IME and IMO, a tank with fishes like midas and/or jag end up getting too rough for severums and chocalates. Years ago there were no guide lines on aggressive CA/SA communities.....all the literature was about how to get a pair and breed a cichlid; nothing about long term maintenance and nothing about CA/SA communities. So we tried all kinds of fish. Tried sevs and chocalates a number of times with large aggressive CA, 25-35 years ago. Sometimes it worked for a while, but always the same fate. Here's a pic from about 25 years back, in a 6 ft. 180 gal. that was run by a female RD/midas amongst other large CA 'bruisers':










Note the slight damage on the chocalate.....That's nothing :lol: Just the beginning. Sev got bullied a lot more by the other tankmates, and started to take it out on the chocalate. Both got killed in this tank.

I think MonteSS's suggestion of 1 con, 1 jd, 1 firemouth, 1 jewel, 1 bristlenose plec, and 5 tiger barbs is a good start. Though i'd probably add a little to it: a blue acara and /or festivum and/or male krib; blue gourami.


----------



## electriccichlid (Jul 26, 2011)

i finally bought fish i took into consideration and went completly different a school of tiger barbs
red devil
green terror
manguenese
midas
2 convicts 
i may be adding a pair of firemouths


----------



## electriccichlid (Jul 26, 2011)

only thing is i realize i jam packed the tank but they are all very small as small as you can buy without being fry and i will be taking them out when they get big


----------



## electriccichlid (Jul 26, 2011)

i am ettin gready to buy the fish and am thinking abouth leavinging out either the manguenese or the midas based on more research and sugestions


----------



## bernie comeau (Feb 19, 2007)

electriccichlid said:


> i finally bought fish i took into consideration and went completly different a school of tiger barbs
> red devil
> green terror
> manguenese
> ...


Well.....sometimes the best way to learn is to experience it yourself :lol: 
I doubt you have any clue what you are doing. Of course no way of predicting with certainty what the outcome will be.
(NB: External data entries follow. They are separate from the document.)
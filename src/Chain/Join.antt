-- ===== src/Chain/Join.antt =====
-- Joining two chains, taking an object out of a chain, and what these writes leave alone.
use rtgc.Common.{ℕ, ◌≡◌, List, ◌∷◌, ◌++◌, All, ◌∉◌, head_or, last_or, Bool-cases, inl, inr, ◌==◌}
use rtgc.InfoBits.{Mem, Ptr, prev_link, next_link}
use rtgc.InfoBits.Words.{Aligned}
use rtgc.Chain.{link_next, link_prev, unlink, IsNode, AreNodes, IsChain, cons, AllColor}
use rtgc.Chain.Laws.{
  append-IsChain, IsChain-left, IsChain-right, IsChain-set_next_other, IsChain-set_prev_other,
  AllColor-set_next, AllColor-set_prev, IsChain-link_next, IsChain-link_prev,
}
use rtgc.Chain.Nodes.{
  AreNodes-left, AreNodes-right, AreNodes-swap, AreNodes-middle, last_or-away, head_or-away,
  last_or-Aligned, head_or-Aligned,
}

module _ (m : Mem) (p v : Ptr) (hp : Aligned p) (hv : Aligned v) where
  pub IsChain-link_next_other :
      {b a : Ptr} (xs : List Ptr)
      → All IsNode xs
      → p ∉ xs
      → IsChain m b xs a
      → IsChain (link_next m p v) b xs a
  unfolding link_next
  IsChain-link_next_other xs n o h = elim (Bool-cases (p == 0)) [
    | inl e ↦ rw e h
    | inr e ↦ rw e (IsChain-set_next_other m p v hp hv xs n o h)
  ]

  pub IsChain-link_prev_other :
      {b a : Ptr} (xs : List Ptr)
      → All IsNode xs
      → p ∉ xs
      → IsChain m b xs a
      → IsChain (link_prev m p v) b xs a
  unfolding link_prev
  IsChain-link_prev_other xs n o h = elim (Bool-cases (p == 0)) [
    | inl e ↦ rw e h
    | inr e ↦ rw e (IsChain-set_prev_other m p v hp hv xs n o h)
  ]

  pub AllColor-link_next :
      (c : ℕ) (xs : List Ptr) → All IsNode xs → AllColor m c xs → AllColor (link_next m p v) c xs
  unfolding link_next
  AllColor-link_next c xs n h = elim (Bool-cases (p == 0)) [
    | inl e ↦ rw e h
    | inr e ↦ rw e (AllColor-set_next m p v hp hv c xs n h)
  ]

  pub AllColor-link_prev :
      (c : ℕ) (xs : List Ptr) → AllColor m c xs → AllColor (link_prev m p v) c xs
  unfolding link_prev
  AllColor-link_prev c xs h = elim (Bool-cases (p == 0)) [
    | inl e ↦ rw e h
    | inr e ↦ rw e (AllColor-set_prev m p v hp hv c xs h)
  ]

-- The two writes that put `ys` behind `xs`.
abbrev pub join : Mem → (xs ys : List Ptr) → Mem
join m xs ys = link_prev (link_next m (last_or 0 xs) (head_or ys 0)) (head_or ys 0) (last_or 0 xs)

module _ (m : Mem) (xs ys : List Ptr) (n : AreNodes (xs ++ ys)) where
  nx : AreNodes xs
  nx = AreNodes-left xs ys n

  ny : AreNodes ys
  ny = AreNodes-right xs ys n

  ax : Aligned (last_or 0 xs)
  ax = last_or-Aligned xs nx.0

  ay : Aligned (head_or ys 0)
  ay = head_or-Aligned ys ny.0

  pub join-IsChain :
      {b a : Ptr} → IsChain m 0 xs a → IsChain m b ys 0 → IsChain (join m xs ys) 0 (xs ++ ys) 0
  join-IsChain h k =
      let m1 = link_next m (last_or 0 xs) (head_or ys 0) in
      let apart = head_or-away ys xs (AreNodes-swap xs ys n) in
      append-IsChain xs ys
        (IsChain-link_prev_other m1 _ _ ay ax xs nx.0 apart (IsChain-link_next m _ xs ay nx h))
        (IsChain-link_prev m1 _ ys ax ny
          (IsChain-link_next_other m _ _ ax ay ys ny.0 (last_or-away xs ys n) k))

  pub join-IsChain_other :
      {b a : Ptr} (zs : List Ptr)
      → AreNodes (xs ++ zs)
      → AreNodes (ys ++ zs)
      → IsChain m b zs a
      → IsChain (join m xs ys) b zs a
  join-IsChain_other zs nxz nyz h =
      let nz = AreNodes-right xs zs nxz in
      IsChain-link_prev_other _ _ _ ay ax zs nz.0 (head_or-away ys zs nyz)
        (IsChain-link_next_other m _ _ ax ay zs nz.0 (last_or-away xs zs nxz) h)

  pub join-AllColor :
      (c : ℕ) (zs : List Ptr) → All IsNode zs → AllColor m c zs → AllColor (join m xs ys) c zs
  join-AllColor c zs nz h =
      AllColor-link_prev _ _ _ ay ax c zs (AllColor-link_next m _ _ ax ay c zs nz h)

pub head_links :
    {m : Mem} {b a x : Ptr} {ys : List Ptr}
    → IsChain m b (x ∷ ys) a
    → (prev_link m x ≡ b) × (next_link m x ≡ head_or ys a)
head_links (cons e f h) = (e, f)

-- Taking out an object joins what stood before it and what stood behind it.
module _ (m : Mem) (xs : List Ptr) (x : Ptr) (ys : List Ptr) where
  pub unlink_links :
      IsChain m 0 (xs ++ x ∷ ys) 0 → (prev_link m x ≡ last_or 0 xs) × (next_link m x ≡ head_or ys 0)
  unlink_links h = head_links (IsChain-right xs (x ∷ ys) h)

  pub unlink-eq-join : IsChain m 0 (xs ++ x ∷ ys) 0 → unlink m x ≡ join m xs ys
  unfolding unlink
  unlink-eq-join h = let l = unlink_links h in rw (l.0, l.1)

  tail-IsChain : {b : Ptr} → IsChain m b (x ∷ ys) 0 → IsChain m x ys 0
  tail-IsChain (cons e f h) = h

  pub unlink-IsChain :
      AreNodes (xs ++ x ∷ ys) → IsChain m 0 (xs ++ x ∷ ys) 0 → IsChain (unlink m x) 0 (xs ++ ys) 0
  unlink-IsChain n h =
      let k = AreNodes-middle xs x ys n in
      rw (unlink-eq-join h) (
        join-IsChain m xs ys (k.0.1, k.1.1) (IsChain-left xs (x ∷ ys) h)
          (tail-IsChain (IsChain-right xs (x ∷ ys) h)))

-- The same two writes, the one to `ys` first.
abbrev pub join_back : Mem → (xs ys : List Ptr) → Mem
join_back m xs ys =
    link_next (link_prev m (head_or ys 0) (last_or 0 xs)) (last_or 0 xs) (head_or ys 0)

module _ (m : Mem) (xs ys : List Ptr) (n : AreNodes (xs ++ ys)) where
  nx' : AreNodes xs
  nx' = AreNodes-left xs ys n

  ny' : AreNodes ys
  ny' = AreNodes-right xs ys n

  ax' : Aligned (last_or 0 xs)
  ax' = last_or-Aligned xs nx'.0

  ay' : Aligned (head_or ys 0)
  ay' = head_or-Aligned ys ny'.0

  pub join_back-IsChain :
      {b a : Ptr} → IsChain m 0 xs a → IsChain m b ys 0 → IsChain (join_back m xs ys) 0 (xs ++ ys) 0
  join_back-IsChain h k =
      append-IsChain xs ys
        (IsChain-link_next _ _ xs ay' nx' (
          IsChain-link_prev_other m _ _ ay' ax' xs nx'.0
            (head_or-away ys xs (AreNodes-swap xs ys n)) h))
        (IsChain-link_next_other _ _ _ ax' ay' ys ny'.0 (last_or-away xs ys n)
          (IsChain-link_prev m _ ys ax' ny' k))

  pub join_back-IsChain_other :
      {b a : Ptr} (zs : List Ptr)
      → AreNodes (xs ++ zs)
      → AreNodes (ys ++ zs)
      → IsChain m b zs a
      → IsChain (join_back m xs ys) b zs a
  join_back-IsChain_other zs nxz nyz h =
      let nz = AreNodes-right xs zs nxz in
      IsChain-link_next_other _ _ _ ax' ay' zs nz.0 (last_or-away xs zs nxz)
        (IsChain-link_prev_other m _ _ ay' ax' zs nz.0 (head_or-away ys zs nyz) h)

  pub join_back-AllColor :
      (c : ℕ) (zs : List Ptr) → All IsNode zs → AllColor m c zs → AllColor (join_back m xs ys) c zs
  join_back-AllColor c zs nz h =
      AllColor-link_next _ _ _ ax' ay' c zs nz (AllColor-link_prev m _ _ ay' ax' c zs h)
With aggressive cichlids, it's like rolling the dice.......but the odds of succeeding with this stock in a 55 gal. are heavily, heavily stacked against you. A lone specimen (a wet pet) is a fairly likely outcome in the not so distant futue. I would bet the green terror and the tiger barbs are 1st to go......though all sorts of possible outcomes with this stock.

Are you aware that aquarium strain midas and red devil (RD) are in fact, the very same fish? Very closely related species that have been crossed over the years. There is no real distinction between the two, if purchased from your local pet shop, other then the name they are being sold as. Just 2 of the same sex are quite unlikely to co-exist, even sometimes in very large tanks.......and a male and female, if they don't kill each other first, can breed and wipe out a tank quite easily, in small space.


----------



## electriccichlid (Jul 26, 2011)

well i realize i dont have very much experiance but my dad who is basically overseeingnthis had a 55 with a red devil a green terror a severum and a texas that lived together with a group of various barbs until he had to get rid of the tank probaly together three years

and i think i am not includeing the midas because the red devil looks so much better than him so we will see i will post pic this evening if i get fish


----------



## bernie comeau (Feb 19, 2007)

> i finally bought fish





> if i get fish


Something don't add up here. Either you have bought the fish already, or are still contemplating. Hopefully the latter.....then you can take your time, think it through a little better, and maybe consider some of the advice being given.


----------



## electriccichlid (Jul 26, 2011)

sorry i meant i am finnaly buying fish i was getting ready to head out and now i have the fish a red devil
green terror
2 firemouths
2 convicts 
and a group of tiger barbs


----------



## electriccichlid (Jul 26, 2011)

i realize that my tank is technically over stocked but whilst they are all little none over 2 inches they have a lot of time and room to grow i have plenty of cover they are all gettin galong fine i think i am going to have to get rid of one of the firemouths i tried for a m/f and i think i have two males they never stay together


----------



## bernie comeau (Feb 19, 2007)

electriccichlid said:


> none over 2 inches they have a lot of time and room to grow i have plenty of cover they are all gettin galong fine


Yeah, you definately have some time. And at 2 inches there is lots of room. Just keep an eye on things.....especially the red devil after it begins to grow a little bit. Often they end up being too aggressive in that kind of a space.......not always, but most often.


----------



## electriccichlid (Jul 26, 2011)

yes the only signs of agression he gives is standing up to the convicts who are a pair he doesnt back down but wont strike they are a little bit bigger but that is the only agression *** noted besides the occasional chaseing... that and the green terror seems to be very very passive he is afraid of everyone even the tiger barbs


----------



## luluxiu (Aug 2, 2011)

If you want to EBJD and the "Joint Declaration" is a right, the beginning of each number, and then sold to others, of which 2 fold. When you do right, it limits how many fish you can have ... ... or is every single species or 1 PR 1...


----------



## MonteSS (Dec 8, 2008)

luluxiu said:


> If you want to EBJD and the "Joint Declaration" is a right, the beginning of each number, and then sold to others, of which 2 fold. When you do right, it limits how many fish you can have ... ... or is every single species or 1 PR 1...


:-? :-? :-?

....Bill


----------



## ahud (Aug 22, 2009)

I think what he is trying to say is......oh wait I have no idea either. :lol:


----------



## Chubbs the Jellybean (Jun 16, 2009)

It sounds like the beginnings of the scientific method haha


----------



## electriccichlid (Jul 26, 2011)

ok im glad im not the 0nly one who doesnt understand


----------